§ Material for the task
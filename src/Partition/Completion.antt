-- ===== src/Partition/Completion.antt =====
-- The commands that complete and drop jobs.
use cue.Base.{
  ◌≡◌, refl, ◌∙◌, Bool, false, List, [], ◌∷◌, Option, none, some, String, ◌||◌, map_option,
  if◌then◌else◌, length, done, arith,
}
use cue.Base.Key.{string_key, ◌=?◌}
use cue.Model.{Job, Command, DonePayload, DropPayload, success}
use cue.Store.{JobStore, get_by_id}
use cue.Store.Invariant.{IsValid}
use cue.Store.Release.{finished, mark_done-refines, force_release-refines}
use cue.Partition.State.{Partition}
use cue.Partition.Commands.{mark_all, release_all, handle_done, handle_drop, offer}

-- Whether the ID is one of the command's.
abbrev pub named_in : String → List String → Bool
named_in k [] = false
named_in k (id ∷ ids) = (id =? k) || named_in k ids

-- What a loop over IDs makes of the store.
pub record Swept (js : JobStore) (ids : List String) (f : Option Job → Option Job) (js' : JobStore)
    : Type 0 where
  pub valid : IsValid js'
  pub bound : length js'.jobs ≡ length js.jobs
  pub map_after :
      (k : String)
      → get_by_id js' k ≡ (if named_in k ids then f (get_by_id js k) else get_by_id js k)

pub release_all-Swept :
    (js : JobStore) (ids : List String)
    → IsValid js
    → (js' : JobStore) × (release_all js ids ≡ done js') × Swept js ids (λ o. none) js'
unfolding release_all
release_all-Swept js [] v = (js, refl, record { valid = v; bound = refl; map_after = λ k. refl })
release_all-Swept js (id ∷ ids) v =
    let (js1, e, c) = force_release-refines js id v in
    let (js2, e', s) = release_all-Swept js1 ids c.valid in
    (
      js2,
      rw e e',
      record {
        valid = s.valid;
        bound = s.bound ∙ c.bound;
        map_after = λ k. s.map_after k ∙ ground (arith, c.map_after k);
      },
    )

twice-finished :
    (o : Option Job) → map_option finished (map_option finished o) ≡ map_option finished o
twice-finished none = refl
twice-finished (some job) = refl

pub mark_all-Swept :
    (js : JobStore) (ids : List String)
    → IsValid js
    → (js' : JobStore) × (mark_all js ids ≡ done js') × Swept js ids (map_option finished) js'
unfolding mark_all
mark_all-Swept js [] v = (js, refl, record { valid = v; bound = refl; map_after = λ k. refl })
mark_all-Swept js (id ∷ ids) v =
    let (js1, e, c) = mark_done-refines js id v in
    let (js2, e', s) = mark_all-Swept js1 ids c.valid in
    (
      js2,
      rw e e',
      record {
        valid = s.valid;
        bound = s.bound ∙ c.bound;
        map_after = λ k.
            s.map_after k
            ∙ ground
                (arith, c.map_after k, string_key.beq_iff id k, twice-finished (get_by_id js k));
      },
    )

-- Where the store is well formed, `CmdDone` with a payload marks exactly the jobs that it names,
-- and answers with success: no job leaves the store, no other job changes, and the rest of the
-- partition, its queue included, stays.
pub handle_done-Swept :
    (p : Partition) (cmd : Command) (payload : DonePayload)
    → IsValid p.job_store
    → cmd.done_jobs ≡ some payload
    → (js' : JobStore) × (handle_done p cmd
        ≡ done (record p { job_store = js' }, offer cmd success "" []))
      × Swept p.job_store payload.job_ids (map_option finished) js'
unfolding handle_done
handle_done-Swept p cmd payload v e =
    let (js', e', s) = mark_all-Swept p.job_store payload.job_ids v in
    (js', rw (e, handle_done) (rw e' refl), s)

-- Where the store is well formed, `CmdDrop` with a payload takes exactly the jobs that it names out
-- of the store, and answers with success; the references to them stay in the queue and in the
-- buffer of dead letters.
pub handle_drop-Swept :
    (p : Partition) (cmd : Command) (payload : DropPayload)
    → IsValid p.job_store
    → cmd.drop_jobs ≡ some payload
    → (js' : JobStore) × (handle_drop p cmd
        ≡ done (record p { job_store = js' }, offer cmd success "" []))
      × Swept p.job_store payload.job_ids (λ o. none) js'
unfolding handle_drop
handle_drop-Swept p cmd payload v e =
    let (js', e', s) = release_all-Swept p.job_store payload.job_ids v in
    (js', rw (e, handle_drop) (rw e' refl), s)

§ Brief
Would you copy out all of the entries exactly?

§ Task output
filename src/Partition/Completion.antt
-- ===== src/Partition/Completion.antt =====
-- The commands that complete and drop jobs.
use cue.Base.{
  ◌≡◌, refl, ◌∙◌, Bool, false, List, [], ◌∷◌, Option, none, some, String, ◌||◌, map_option,
  if◌then◌else◌, length, done, arith,
}
use cue.Base.Key.{string_key, ◌=?◌}
use cue.Model.{Job, Command, DonePayload, DropPayload, success}
use cue.Store.{JobStore, get_by_id}
use cue.Store.Invariant.{IsValid}
use cue.Store.Release.{finished, mark_done-refines, force_release-refines}
use cue.Partition.State.{Partition}
use cue.Partition.Commands.{mark_all, release_all, handle_done, handle_drop, offer}

-- Whether the ID is one of the command's.
abbrev pub named_in : String → List String → Bool
named_in k [] = false
named_in k (id ∷ ids) = (id =? k) || named_in k ids

-- What a loop over IDs makes of the store.
pub record Swept (js : JobStore) (ids : List String) (f : Option Job → Option Job) (js' : JobStore)
    : Type 0 where
  pub valid : IsValid js'
  pub bound : length js'.jobs ≡ length js.jobs
  pub map_after :
      (k : String)
      → get_by_id js' k ≡ (if named_in k ids then f (get_by_id js k) else get_by_id js k)

pub release_all-Swept :
    (js : JobStore) (ids : List String)
    → IsValid js
    → (js' : JobStore) × (release_all js ids ≡ done js') × Swept js ids (λ o. none) js'
unfolding release_all
release_all-Swept js [] v = (js, refl, record { valid = v; bound = refl; map_after = λ k. refl })
release_all-Swept js (id ∷ ids) v =
    let (js1, e, c) = force_release-refines js id v in
    let (js2, e', s) = release_all-Swept js1 ids c.valid in
    (
      js2,
      rw e e',
      record {
        valid = s.valid;
        bound = s.bound ∙ c.bound;
        map_after = λ k. s.map_after k ∙ ground (arith, c.map_after k);
      },
    )

twice-finished :
    (o : Option Job) → map_option finished (map_option finished o) ≡ map_option finished o
twice-finished none = refl
twice-finished (some job) = refl

pub mark_all-Swept :
    (js : JobStore) (ids : List String)
    → IsValid js
    → (js' : JobStore) × (mark_all js ids ≡ done js') × Swept js ids (map_option finished) js'
unfolding mark_all
mark_all-Swept js [] v = (js, refl, record { valid = v; bound = refl; map_after = λ k. refl })
mark_all-Swept js (id ∷ ids) v =
    let (js1, e, c) = mark_done-refines js id v in
    let (js2, e', s) = mark_all-Swept js1 ids c.valid in
    (
      js2,
      rw e e',
      record {
        valid = s.valid;
        bound = s.bound ∙ c.bound;
        map_after = λ k.
            s.map_after k
            ∙ ground
                (arith, c.map_after k, string_key.beq_iff id k, twice-finished (get_by_id js k));
      },
    )

-- Where the store is well formed, `CmdDone` with a payload marks exactly the jobs that it names,
-- and answers with success: no job leaves the store, no other job changes, and the rest of the
-- partition, its queue included, stays.
pub handle_done-Swept :
    (p : Partition) (cmd : Command) (payload : DonePayload)
    → IsValid p.job_store
    → cmd.done_jobs ≡ some payload
    → (js' : JobStore) × (handle_done p cmd
        ≡ done (record p { job_store = js' }, offer cmd success "" []))
      × Swept p.job_store payload.job_ids (map_option finished) js'
unfolding handle_done
handle_done-Swept p cmd payload v e =
    let (js', e', s) = mark_all-Swept p.job_store payload.job_ids v in
    (js', rw (e, handle_done) (rw e' refl), s)

-- Where the store is well formed, `CmdDrop` with a payload takes exactly the jobs that it names out
-- of the store, and answers with success; the references to them stay in the queue and in the
-- buffer of dead letters.
pub handle_drop-Swept :
    (p : Partition) (cmd : Command) (payload : DropPayload)
    → IsValid p.job_store
    → cmd.drop_jobs ≡ some payload
    → (js' : JobStore) × (handle_drop p cmd
        ≡ done (record p { job_store = js' }, offer cmd success "" []))
      × Swept p.job_store payload.job_ids (λ o. none) js'
unfolding handle_drop
handle_drop-Swept p cmd payload v e =
    let (js', e', s) = release_all-Swept p.job_store payload.job_ids v in
    (js', rw (e, handle_drop) (rw e' refl), s)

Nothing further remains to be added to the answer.